The Super Learner ensemble produces prediction intervals with finite-sample coverage by weighting learner conformity scores.

A machine-rendered reading of the paper's core claim, the machinery that carries it, and where it could break.

The paper proposes integrating conformal prediction into the Super Learner by applying the ensemble's weights to combine conformity scores from each learner through a weighted majority vote. This construction mirrors the original Super Learner framework and yields intervals for continuous outcomes with coverage guarantees under exchangeability and related conditions.
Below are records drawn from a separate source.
-- ===== src/Sfd/Shared.antt =====
-- smart_file_descriptor.h, the class `SharedFileDescriptor`. The objects of a program are numbered in
-- the order of their construction, and the registry is shared by them. `none` in an object is the
-- descriptor -1, as in the registry. `closed` records the calls of `Policy::close`, the latest first.
-- What a moved context is left as is an argument, and `none` as a result says that there is no such
-- object.
pub mod Counting
pub mod Closing
pub mod Steps
pub mod Run
pub mod Program
use knowledge_acquisition.Prelude.{
  ℕ, ◌==◌, Bool, true, false, Option, none, some, List, [], ◌∷◌, ◌++◌, get_elem?, set,
  if◌then◌else◌,
}
use knowledge_acquisition.Sfd.Registry.{Slot, new_registry, retain, release, get_count}

pub record Shared {ℓ} (C : Type ℓ) : Type ℓ where
  pub fd : Option ℕ
  pub ctx : C

pub record World {ℓ} (C : Type ℓ) : Type ℓ where
  pub registry : List Slot
  pub objects : List (Shared C)
  pub closed : List (ℕ × C)

-- `if (_fd >= 0) Registry::retain(_fd);`
abbrev pub retain_fd : Option ℕ → List Slot → List Slot
retain_fd none registry = registry
retain_fd (some fd) registry = retain fd registry

abbrev pub release_fd : Option ℕ → List Slot → List Slot
release_fd none registry = registry
release_fd (some fd) registry = (release fd registry).0

module _ {ℓ} {C : Type ℓ} where
  abbrev pub start : ℕ → World C
  start max_slots = record { registry = new_registry max_slots; objects = []; closed = [] }

  -- A constructor that takes a descriptor; with `LinuxArgs` what `Policy::open` answers.
  unfoldable pub construct : Option ℕ → C → World C → World C
  construct fd ctx w = record w {
    registry = retain_fd fd w.registry;
    objects = w.objects ++ (record { fd = fd; ctx = ctx } ∷ []);
  }

  -- The copy constructor.
  unfoldable pub copy : ℕ → World C → Option (World C)
  unfolding construct
  copy other w = elim (get_elem? w.objects other) [
    | none ↦ none
    | some object ↦ some (construct object.fd object.ctx w)
  ]

  abbrev pub reset_fd : ℕ → Shared C → Option ℕ → World C → World C
  reset_fd i object none w = w
  reset_fd i object (some fd) w =
      let (registry, last) = release fd w.registry in
      record w {
        registry = registry;
        objects = set w.objects i (record object { fd = none });
        closed = if last then (fd, object.ctx) ∷ w.closed else w.closed;
      }

  -- `reset`, which is also the destructor.
  unfoldable pub reset : ℕ → World C → Option (World C)
  reset i w = elim (get_elem? w.objects i) [
    | none ↦ none
    | some object ↦ some (reset_fd i object object.fd w)
  ]

  -- `_fd = other._fd; _ctx = other._ctx;` and the reference.
  abbrev pub take_copy : ℕ → ℕ → World C → Option (World C)
  take_copy i other w = elim (get_elem? w.objects other) [
    | none ↦ none
    | some object ↦
        some
          (record w { registry = retain_fd object.fd w.registry; objects = set w.objects i object })
  ]

  unfoldable pub copy_assign : ℕ → ℕ → World C → Option (World C)
  unfolding reset
  copy_assign i other w =
      if i == other
      then some w
      else elim (reset i w) [ none ↦ none | some w' ↦ take_copy i other w' ]

  -- `release`, which gives the descriptor away.
  unfoldable pub release_object : ℕ → World C → Option (Option ℕ × World C)
  release_object i w = elim (get_elem? w.objects i) [
    | none ↦ none
    | some object ↦ some (
      object.fd,
      record w {
        registry = release_fd object.fd w.registry;
        objects = set w.objects i (record object { fd = none });
      },
    )
  ]

  unfoldable pub use_count : ℕ → World C → Option ℕ
  use_count i w = elim (get_elem? w.objects i) [
    | none ↦ none
    | some object ↦ some (get_count object.fd w.registry)
  ]

  module _ (left : C → C) where
    -- The move constructor.
    unfoldable pub move : ℕ → World C → Option (World C)
    move other w = elim (get_elem? w.objects other) [
      | none ↦ none
      | some object ↦ some (record w {
        objects =
            set w.objects other (record { fd = none; ctx = left object.ctx }) ++ (object ∷ []);
      })
    ]

    abbrev pub take_move : ℕ → ℕ → World C → Option (World C)
    take_move i other w = elim (get_elem? w.objects other) [
      | none ↦ none
      | some object ↦ some (record w {
        objects = set (set w.objects i object) other (record { fd = none; ctx = left object.ctx });
      })
    ]

    unfoldable pub move_assign : ℕ → ℕ → World C → Option (World C)
    unfolding reset
    move_assign i other w =
        if i == other
        then some w
        else elim (reset i w) [ none ↦ none | some w' ↦ take_move i other w' ]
Simulations confirm valid coverage with performance close to the ideal mechanism, and the method is demonstrated on a medical dataset for predicting creatinine levels from socio-demographic, biometric, and lab data.

Core claim

By mirroring the Super Learner weighting on learner-specific conformity scores and combining them via weighted majority vote, the resulting intervals achieve finite-sample coverage guarantees for continuous outcomes under exchangeability, potential violations, heteroscedasticity, sparsity, and other distributional heterogeneity.

What carries the argument

Weighted majority vote of learner-specific conformity scores that reuses the Super Learner's performance-based weights.

If this is right

  • The intervals maintain valid finite-sample coverage under exchangeability and mild violations.
  • Simulations show competitive performance relative to the true data-generating process.
  • The approach applies directly to regression tasks with non-linear effects, interactions, sparsity, heteroscedasticity, and outliers.
  • It produces usable intervals in medical prediction settings such as creatinine level estimation.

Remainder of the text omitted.